# A Big sleepy Bouff-head Bear!!



## DB1 (Jan 20, 2012)

Well thats how I would describe Dudley when I had nearly finished grooming him! decided not to go over him with clippers this time but just a little scissor trim here and there, guess I should do him shorter again soon.


----------



## Miss Lilly (Sep 12, 2014)

He looks gorgeous!


----------



## RuthMill (Jun 30, 2012)

Oh what a lovely boy! Looking lovely and fluffy!


----------



## Nanci (Mar 1, 2012)

To to tooooo cute!!! He looks sleepy!


----------



## Mazzapoo (Jul 28, 2013)

Beautiful cuddly wuddly Dudley 😍 Poppy is hyper after a groom, does it soothe him like a spa day for us?


----------



## DB1 (Jan 20, 2012)

Mazzapoo said:


> Beautiful cuddly wuddly Dudley 😍 Poppy is hyper after a groom, does it soothe him like a spa day for us?
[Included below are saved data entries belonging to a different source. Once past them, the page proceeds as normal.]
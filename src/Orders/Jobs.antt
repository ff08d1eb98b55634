-- ===== src/Orders/Jobs.antt =====
-- The reads of DriverService (services/commerce/src/modules/driver/driver.service.ts). Every listing
-- is an inner join of the jobs with their orders and those with their stores.
use seapedia.Prelude.{
  ℕ, ◌-◌, ◌*◌, Bool, true, false, ◌&&◌, Option, none, some, List, [], ◌∷◌, String, ◌==◌, find,
  select, sum_by, count, take, drop, map, if◌then◌else◌,
}
use seapedia.Db.{
  Order, menunggu_pengirim, same_status, DeliveryMethod, Address, JobStatus, same_job_status,
  DeliveryJob, StoreRef, Db, Action, gets, or_throw, ◌>>=◌, not_found, Reason,
}
use seapedia.Orders.Detail.{is_order, is_part_of}
use seapedia.Orders.Reports.{MappedItem, mapped}

pub record Job : Type 0 where
  pub job : DeliveryJob
  pub store_name : String
  pub delivery_method : DeliveryMethod
  pub address_snapshot : Address
  pub total_amount : ℕ

abbrev pub with_store : DeliveryJob → Order → Option StoreRef → List Job → List Job
with_store j o none rest = rest
with_store j o (some s) rest =
    record {
      job = j;
      store_name = s.name;
      delivery_method = o.delivery_method;
      address_snapshot = o.address_snapshot;
      total_amount = o.total_amount;
    }
    ∷ rest

-- `q` is the test on the order.
abbrev pub with_order :
    (Order → Bool) → List StoreRef → DeliveryJob → Option Order → List Job → List Job
with_order q ss j none rest = rest
with_order q ss j (some o) rest =
    if q o then with_store j o (find (λ (s : StoreRef). s.id == o.store_id) ss) rest else rest

abbrev pub joined_jobs : (Order → Bool) → Db → List DeliveryJob → List Job
joined_jobs q d [] = []
joined_jobs q d (j ∷ js) =
    with_order q d.store_refs j (find (is_order j.order_id) d.orders) (joined_jobs q d js)

abbrev pub is_untaken : DeliveryJob → Bool
is_untaken j = same_job_status j.status JobStatus.pending

abbrev pub is_waiting : Order → Bool
is_waiting o = same_status o.status menunggu_pengirim

abbrev pub any_order : Order → Bool
any_order _ = true

unfoldable pub available_jobs : Db → List Job
available_jobs d = take 50 (joined_jobs is_waiting d (select is_untaken d.delivery_jobs))

pub record JobDetail : Type 0 where
  pub job : Job
  pub items : List MappedItem

abbrev pub first_job : List Job → Option Job
first_job [] = none
first_job (j ∷ _) = some j

unfoldable pub job_detail : ℕ → Action JobDetail
job_detail id = do
  j ←
      or_throw
        (← gets (λ d.
          first_job
            (joined_jobs any_order d (select (λ (j : DeliveryJob). j.id == id) d.delivery_jobs))))
        (not_found Reason.job_missing)
  gets (λ d. record {
    job = j;
    items = map mapped (select (is_part_of j.job.order_id) d.order_items);
  })

abbrev pub is_driver : ℕ → Option ℕ → Bool
is_driver driver none = false
is_driver driver (some d) = d == driver

abbrev pub is_job_of : ℕ → JobStatus → DeliveryJob → Bool
is_job_of driver s j = is_driver driver j.driver_id && same_job_status j.status s

abbrev pub completed_rows : ℕ → Db → List Job
completed_rows driver d =
    joined_jobs any_order d (select (is_job_of driver JobStatus.completed) d.delivery_jobs)

-- `order` is what the query's `order by updated_at desc` does: the database may put jobs of one time in
-- any order, and in another one at the next query.
abbrev pub completed_by : (order : List Job → List Job) → ℕ → Db → List Job
completed_by order driver d = order (completed_rows driver d)

pub record DriverStats : Type 0 where
  pub total_earnings : ℕ
  pub completed_jobs_count : ℕ
  pub active_jobs : List Job
  pub completed_jobs : List Job

-- The sum, which is cast to an `integer`, is within its range.
unfoldable pub driver_stats : (order : List Job → List Job) → ℕ → Db → DriverStats
driver_stats order driver d = record {
  total_earnings =
      sum_by (λ (j : DeliveryJob). j.delivery_fee)
        (select (is_job_of driver JobStatus.completed) d.delivery_jobs);
  completed_jobs_count = count (is_job_of driver JobStatus.completed) d.delivery_jobs;
  active_jobs = joined_jobs any_order d (select (is_job_of driver JobStatus.taken) d.delivery_jobs);
  completed_jobs = take 10 (completed_by order driver d);
}

pub record History : Type 0 where
  pub jobs : List Job
  pub total : ℕ

-- The schema of the route counts the pages from 1.
unfoldable pub job_history : (order : List Job → List Job) → ℕ → (page limit : ℕ) → Db → History
job_history order driver page limit d = record {
  jobs = take limit (drop ((page - 1) * limit) (completed_by order driver d));
  total = count (is_job_of driver JobStatus.completed) d.delivery_jobs;
}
hmmm, not sure i'd say soothed, he hates being bathed and his legs being done so that wears him out, but I think he quite likes his head being done, thats when he lays right down - or it could just be boredom by then!


----------



## Del17 (Mar 25, 2014)

Oh Dudley, you're just gorgeous! 


Sent from my iPhone using Tapatalk


----------



## Lindor (Feb 3, 2014)

He's beautiful! I like the longer coat. When I do Maggie that's all I do too, just a little off with the scissors so her coat is still long but not too long.


----------



## Tinman (Apr 23, 2013)

Just gorgeous!! And a great living advert for your great work x


----------



## arlo (Mar 11, 2013)

He looking so handsome. So cute he stayed on the table.


----------



## Marzi (Sep 17, 2012)

Oh Dudley! I love his clean fluffy legs


----------



## DB1 (Jan 20, 2012)

Ha ha, Marzi - you calling my boy ape face?!!


----------



## Marzi (Sep 17, 2012)

This is a spin off of how Tracey compared Dot to a mountain gorilla after one session at the groomers...


----------



## Marzi (Sep 17, 2012)

Here you go, just so you (Dudley) don't get a complex - Dot gorilla pics:


I think that Donna once said one of hers looked like a Planet of The Apes character after a groom, but I can't remember which one


----------



## Tinman (Apr 23, 2013)

Ha well done marzi on finding a white gorilla! X


----------



## RuthMill (Jun 30, 2012)

Marzi said:


> Here you go, just so you (Dudley) don't get a complex - Dot gorilla pics:
> 
> 
> I think that Donna once said one of hers looked like a Planet of The Apes character after a groom, but I can't remember which one


Dot is adorable! How could you not kiss this face constantly??? Look at her wee sweet face! :love-eyes:


----------



## Peanut (Dec 1, 2013)

Nothing like reading this thread. I cannot stop laughing. You are mad.....


----------